The measurement period refers to the length of time over which samples are taken. It depends upon the overall execution time of the workload and how CodeAnalyst data collection is configured. The measurement period can be configured to collect samples for all or part of the time that the workload executes. If the execution time of a program is very short (for example, less than 15 s), it helps to increase program runtime by using a larger data set or more loop iterations to obtain a statistically useful result. However, it depends on the characteristics of the workload being researched to decide how many samples should be taken at what interval that would provide sufficient information for the analysis and, in some circumstances, increasing the length of the workload’s execution may change the behavior enough to confuse the results.

The system configuration for this work is an AMD Phenom II X6 1090T, Radeon HD 6970, with CodeAnalyst Performance Analyzer for Windows version 3.5.

The access performance configuration shows 95% average system CPU utilization and 44% average system memory utilization.
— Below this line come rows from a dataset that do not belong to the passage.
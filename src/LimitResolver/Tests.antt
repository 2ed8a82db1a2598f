-- ===== src/LimitResolver/Tests.antt =====
-- Two zones limit a device (mash-go/pkg/features/limit_resolver.go).
use mash.Base.{
  ℕ, ◌*◌, ◌≡◌, refl, none, some, [], ◌∷◌, List, Option, arith, String-discrete, Bool-cases,
  ℕ_discrete, false, true,
}
use mash.Base.Int.{ℤ, pos}
use mash.Base.GoMap.{string_key, nat_key, insert, lookup, delete}
use mash.Zone.{zone_type_grid, zone_type_local}
use mash.Zone.Value.{set, new_value, resolve_limits, remove_expired, limit_round, is_expired}
use mash.Duration.{timer_key, Timer, TimerKey, limit_consumption, second, max_duration, set_timer}
use mash.Duration
use mash.Duration.Invariant.{Synced}
use mash.Duration.Firing.{listens, run-new-Synced}
use mash.Duration.Firing
use mash.EnergyControl.{autonomous, SetLimitRequest, Caller, is_override}
use mash.LimitResolver.{
  LimitResolver, new, timer_at, store_consumption, store_production, ensure_zone_index,
  resolve_and_apply, start_or_cancel,
}
use mash.LimitResolver.SetLimit.{handle_set_limit, activate, store_limits}
use mash.LimitResolver.Clearing.{fire_timer}
use mash.LimitResolver.Applied.{IsValid, Resolved}
use mash.LimitResolver.Effects.{Event, sets, run, unlimited, run-new-Resolved}
use mash.LimitResolver.Timers.{Gone, fire_timer-Gone, LostLimit, long_limit_lost}

abbrev grid : Caller
grid = record { zone_id = "grid"; zone_type = zone_type_grid }

abbrev ems : Caller
ems = record { zone_id = "ems"; zone_type = zone_type_local }

abbrev at_most : ℕ → Option ℕ → SetLimitRequest
at_most v d = record { consumption_limit = some (pos v); production_limit = none; duration = d }

abbrev two_limits : List Event
two_limits = sets grid (at_most 5000 (some 60)) 1000 ∷ sets ems (at_most 3000 none) 2000 ∷ []

abbrev start_resolver : LimitResolver
start_resolver = new (unlimited autonomous)

run-new-Resolved_example : Resolved (run start_resolver two_limits)
run-new-Resolved_example = run-new-Resolved autonomous two_limits

limited-ems :
    (handle_set_limit start_resolver ems (at_most 3000 none) 7).0.ec.effective_consumption_limit
    ≡ some (pos 3000)
unfolding handle_set_limit activate store_limits new ensure_zone_index store_consumption
    resolve_and_apply start_or_cancel set new_value resolve_limits remove_expired limit_round
    is_expired insert delete lookup is_override String-discrete Bool-cases store_production
limited-ems = refl

-- A grid operator's limit of one minute, set at 1000.
abbrev minute : ℕ
minute = 60 * second

abbrev limited_timers : Duration.Manager ℤ
limited_timers =
    Firing.run Duration.new
      (listens true ∷ Firing.sets (timer_at 0 limit_consumption) minute (pos 5000) 1000 ∷ [])

abbrev limited_timer : Timer ℤ
limited_timer = record {
  key = timer_at 0 limit_consumption;
  start_time = 1000;
  duration = minute;
  value = pos 5000;
  timer = 0;
}

abbrev limited : LimitResolver
limited = record {
  ec = unlimited autonomous;
  consumption_limits = record {
    values = ("grid", new_value "grid" zone_type_grid (pos 5000) minute 1000) ∷ [];
    effective_value = some (pos 5000);
    winning_zone_id = "grid";
  };
  production_limits = record { values = []; effective_value = none; winning_zone_id = "" };
  timers = limited_timers;
  zone_index_map = ("grid", 0) ∷ [];
  index_zone_map = (0, "grid") ∷ [];
  next_index = 1;
  max_consumption = pos 0;
  max_production = pos 0;
  on_zone_my_change = false;
}

limited-IsValid : IsValid limited
limited-IsValid = record { consumption = (tt, tt); production = tt }

limited_listens : limited_timers.on_expiry ≡ true
unfolding Firing.run Firing.step Duration.new Duration.set_on_expiry set_timer lookup
limited_listens = refl

limited_stored : lookup (timer_at 0 limit_consumption) limited_timers.timers ≡ some limited_timer
unfolding Firing.run Firing.step Duration.new Duration.set_on_expiry set_timer lookup insert delete
    Duration.TimerKey-discrete ℕ_discrete
limited_stored = refl

limited_index : lookup 0 limited.index_zone_map ≡ some "grid"
unfolding lookup ℕ_discrete
limited_index = refl

limited_zone : lookup "grid" limited.zone_index_map ≡ some 0
unfolding lookup String-discrete Bool-cases
limited_zone = refl

limited-Synced : Synced limited_timers
limited-Synced =
    run-new-Synced
      (listens true ∷ Firing.sets (timer_at 0 limit_consumption) minute (pos 5000) 1000 ∷ [])

fire_timer-Gone_example : Gone (fire_timer limited 0 (2 * minute)).0 "grid" limit_consumption
fire_timer-Gone_example =
    fire_timer-Gone limited (timer_at 0 limit_consumption) limited_timer "grid" (2 * minute)
      limited-IsValid limited-Synced limited_listens limited_stored (omega arith) limited_index

-- A limit of two days.
long_limit_lost_example :
    LostLimit
      (activate limited grid (at_most 4000 (some 172800)) 2000).0
      "grid"
      (pos 4000)
      0
      (2 * minute)
long_limit_lost_example =
    long_limit_lost limited grid (at_most 4000 (some 172800)) 2000 0 limited_timer (pos 4000)
      (2 * minute) limited-IsValid limited-Synced limited_listens limited_zone limited_index
      limited_stored (omega arith) refl refl (omega arith) (omega arith)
Given that TBP provides a system-wide profiling, to use the information provided in TBP efficiently, we need to select the entries corresponding to the application itself and perform postanalysis. The table below provides the four most time-consuming segments of the application, accounting for 95% of the application runtime. It also illustrates the percentage of function execution over the execution time of the whole application. Given that all these routines are inherently parallel for an image analysis workload, we can start by porting the eigenanalysis function into an OpenCL kernel first, followed by the convolution, Hessian, and vesselness computations.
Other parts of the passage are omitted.